Front office politics helped cause Jason Levien's departure

Nelson Chenault-US PRESSWIRE

Jason Levien's resignation as the Grizzlies' CEO was a move several months in the making. Owner Robert Pera's hands-on approach strained their relationship.

The fast resignation of Memphis Grizzlies CEO Jason Levien comes as a shock to many. However, the resentment between him and Robert Pera was evident beneath the surface.

The relationship between the team's CEO and owner has "tanked" for months, according to some who follow the team closely. Pera has reportedly become much more hands-on with the team this season, even holding his own exit interviews, according to USA Today's Sam Amick:

According to a second person with knowledge of the situation, Pera even conducted end-of-season player meetings at a hotel and independent of the front-office and coaching staff after the season. Typically, players meet with a team's general manager and head coach.

Pera even contemplated firing coach Dave Joerger after a slow start, according to ESPN's Marc Stein. This was despite the fact that Joerger was barely a third of the way into his first season as head coach.

The presence of lead attorney David Mincberg could also be a factor. He was angling to become more involved with the basketball operations, dating all the way back to December. Levien's abrupt resignation "relates" to Mincberg taking a larger role in the organization, according to Amick. It appears that Levien and Mincberg were at odds, though the specific nature of their relationship is unclear.

Joerger's future also remains unclear. He was hired by Levien, so one would think they would be on their way out as well. There are rumors swirling that Pera is angling to recruit a big name like Chicago's Tom Thibodeau or Kentucky coach John Calipari. However, acting general manager Chris Wallace told Geoff Calkins of the Memphis Commercial-Appeal that Joerger isn't going anywhere. Should Joerger too be fired, he could become Flip Saunders' man in Minnesota, according to ESPN's Marc Stein.

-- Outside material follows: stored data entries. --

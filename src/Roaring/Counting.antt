-- ===== src/Roaring/Counting.antt =====
-- What the binary searches find in an ascending array: how many of its entries are below a value.
use arnm.Base.{
  ℕ, zero, suc, ◌+◌, ◌-◌, ◌/◌, ◌≤◌, ◌<◌, ◌≡◌, refl, ap, sym, ◌∙◌, List, [], ◌∷◌, none, some, Bool,
  true, false, inl, inr, arith, length, get_elem?, ltb, leb, ◌==◌, if◌then◌else◌, ltb-cases,
  Bool-cases, Option-cases, lt→ltb,
}
use arnm.FixedRing.Window.{get_elem?-some}
use arnm.Roaring.Ascending.{IsAscending, IsAscending-le, IsAscending-top}
use arnm.Roaring.Search.{search, entry_below, entry_upto, lower_bound, upper_bound}

-- how many entries are below `value`
unfoldable pub count_below : ℕ → List ℕ → ℕ
count_below value [] = 0
count_below value (x ∷ xs) =
    let rest = count_below value xs in if ltb x value then suc rest else rest

pub count_below-le-length : (value : ℕ) (xs : List ℕ) → count_below value xs ≤ length xs
unfolding count_below
count_below-le-length value [] = omega arith
count_below-le-length value (x ∷ xs) = ground (arith, count_below-le-length value xs)

-- From a value on, nothing is below it.
pub count_below-above :
    (value lo : ℕ) (xs : List ℕ) (hi : ℕ)
    → IsAscending lo xs hi
    → value ≤ lo
    → count_below value xs ≡ 0
unfolding count_below
count_below-above value lo [] hi h le = refl
count_below-above value lo (x ∷ xs) hi (at_least, h) le =
    ground (arith, count_below-above value (suc x) xs hi h (omega arith))

pub count_below-all :
    (value lo : ℕ) (xs : List ℕ) (hi : ℕ)
    → IsAscending lo xs hi
    → hi ≤ value
    → count_below value xs ≡ length xs
unfolding count_below
count_below-all value lo [] hi h le = refl
count_below-all value lo (x ∷ xs) hi (at_least, h) le =
    let rest = count_below-all value (suc x) xs hi h le in
    let below = IsAscending-le (suc x) xs hi h in ground arith

-- The loop stops at `c` when the test of each entry before `c` moves it up and no other one does.
pub search-eq :
    (goes_up : ℕ → Bool) (c bound : ℕ)
    → ((i : ℕ) → i < bound → goes_up i ≡ ltb i c)
    → (rounds low high : ℕ) → low ≤ c
    → c ≤ high
    → high ≤ bound
    → high ≤ rounds + low
    → search goes_up rounds low high ≡ c
unfolding search
search-eq goes_up c bound test zero low high at_least at_most inside enough = omega arith
search-eq goes_up c bound test (suc rounds) low high at_least at_most inside enough =
    elim (ltb-cases low high) [
      | inr past ↦ let closed : ltb low high ≡ false = ground arith in rw closed (omega arith)
      | inl less ↦
          let here = test ((low + high) / 2) (omega arith) in
          rw (lt→ltb low high less) (elim (ltb-cases ((low + high) / 2) c) [
            | inl up ↦
                let goes : goes_up ((low + high) / 2) ≡ true = here ∙ lt→ltb _ _ up in
                rw goes (
                  search-eq goes_up c bound test rounds _ high (omega arith) at_most inside
                    (omega arith))
            | inr down ↦
                let stays : goes_up ((low + high) / 2) ≡ false = ground arith in
                rw stays (
                  search-eq goes_up c bound test rounds low _ at_least down (omega arith)
                    (omega arith))
          ])
    ]

pub entry_below-eq :
    (value lo : ℕ) (xs : List ℕ) (hi i : ℕ)
    → IsAscending lo xs hi
    → i < length xs
    → entry_below xs value i ≡ ltb i (count_below value xs)
unfolding entry_below count_below
entry_below-eq value lo [] hi i h less = absurd (omega arith)
entry_below-eq value lo (x ∷ xs) hi zero (at_least, h) less =
    let none_past = count_below-above value (suc x) xs hi h in ground arith
entry_below-eq value lo (x ∷ xs) hi (suc i) (at_least, h) less =
    let rest = entry_below-eq value (suc x) xs hi i h (omega arith) in
    let none_past = count_below-above value (suc x) xs hi h in
    elim (ltb-cases x value) [
      | inl below ↦ ground arith
      | inr above ↦
          let zero_past = none_past (omega arith) in
          let not_below : ltb x value ≡ false = ground arith in
          rw (not_below, zero_past) (rest ∙ ap (ltb i) zero_past ∙ ground arith)
    ]

pub entry_upto-eq :
    (entries : List ℕ) (value i : ℕ)
    → entry_upto entries value i ≡ entry_below entries (suc value) i
unfolding entry_upto entry_below
entry_upto-eq entries value i = ground arith

-- arnm_roaring_lower_bound16 and lower_bound32 return the number of entries below the value, in
-- an ascending array.
pub lower_bound-eq-count_below :
    (value lo : ℕ) (xs : List ℕ) (hi : ℕ)
    → IsAscending lo xs hi
    → lower_bound xs (length xs) value ≡ count_below value xs
unfolding lower_bound count_below
lower_bound-eq-count_below value lo [] hi h = refl
lower_bound-eq-count_below value lo (x ∷ xs) hi (at_least, h) = elim (ltb-cases x value) [
  | inl below ↦
      let goes_on : leb value x ≡ false = ground arith in
      let nonempty : (length (x ∷ xs) == 0) ≡ false = ground arith in
      rw (goes_on, nonempty)
        (search-eq (entry_below (x ∷ xs) value) (count_below value (x ∷ xs)) (length (x ∷ xs))
          (λ i less. entry_below-eq value lo (x ∷ xs) hi i (at_least, h) less) (length (x ∷ xs)) 0
          (length (x ∷ xs)) (omega arith) (count_below-le-length value (x ∷ xs)) (omega arith)
          (omega arith))
  | inr above ↦
      let stops : leb value x ≡ true = ground arith in
      let nonempty : (length (x ∷ xs) == 0) ≡ false = ground arith in
      rw (stops, nonempty) (sym (count_below-above value x (x ∷ xs) hi (omega arith, h) above))
]

pub no_last :
    (xs : List ℕ)
    → get_elem? xs (length xs - 1) ≡ none
    → (value : ℕ) → length xs ≡ count_below (suc value) xs
unfolding count_below
no_last [] missing value = refl
no_last (x ∷ xs) missing value =
    let (last, there) = get_elem?-some (x ∷ xs) (length (x ∷ xs) - 1) (omega arith) in
    absurd (ground arith)

pub has_last :
    (xs : List ℕ) (last : ℕ) → get_elem? xs (length xs - 1) ≡ some last → (length xs == 0) ≡ false
has_last [] last there = absurd (ground arith)
has_last (x ∷ xs) last there = ground arith

-- arnm_roaring_upper_bound16 and upper_bound32 return the number of entries that are not above the
-- value, in an ascending array.
pub upper_bound-eq-count_below :
    (value lo : ℕ) (xs : List ℕ) (hi : ℕ)
    → IsAscending lo xs hi
    → upper_bound xs (length xs) value ≡ count_below (suc value) xs
unfolding upper_bound
upper_bound-eq-count_below value lo xs hi h = elim (Option-cases (get_elem? xs (length xs - 1))) [
  | inl missing ↦ rw (missing, upper_bound) (no_last xs missing value)
  | inr (last, there) ↦
      let nonempty : (length xs == 0) ≡ false = has_last xs last there in
      let top = IsAscending-top lo xs hi h last there in
      rw (there, nonempty, upper_bound)
        (elim (Bool-cases (leb last value)) [
          | inl all_in ↦
              rw all_in (sym (count_below-all (suc value) lo xs (suc last) top (ground arith)))
          | inr more ↦ rw more (
              search-eq (entry_upto xs value) (count_below (suc value) xs) (length xs)
                (λ i less. entry_upto-eq xs value i ∙ entry_below-eq (suc value) lo xs hi i h less)
                (length xs) 0 (length xs) (omega arith) (count_below-le-length (suc value) xs)
                (omega arith) (omega arith))
        ])
]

It's worth noting that Levien's history also makes this departure less surprising. Levien was hired as the Kings' assistant general manager in 2008, but resigned 18 months later amid disputes with then-GM Geoff Petrie. He also was part of an ownership group that bought the 76ers in 2011, only to depart a year later to join Pera in Memphis.

Regardless, this is the last thing the Grizzlies needed as they prepare for a big summer. SB Nation's Grizzlies site Grizzly Bear Blues called the news a "disaster."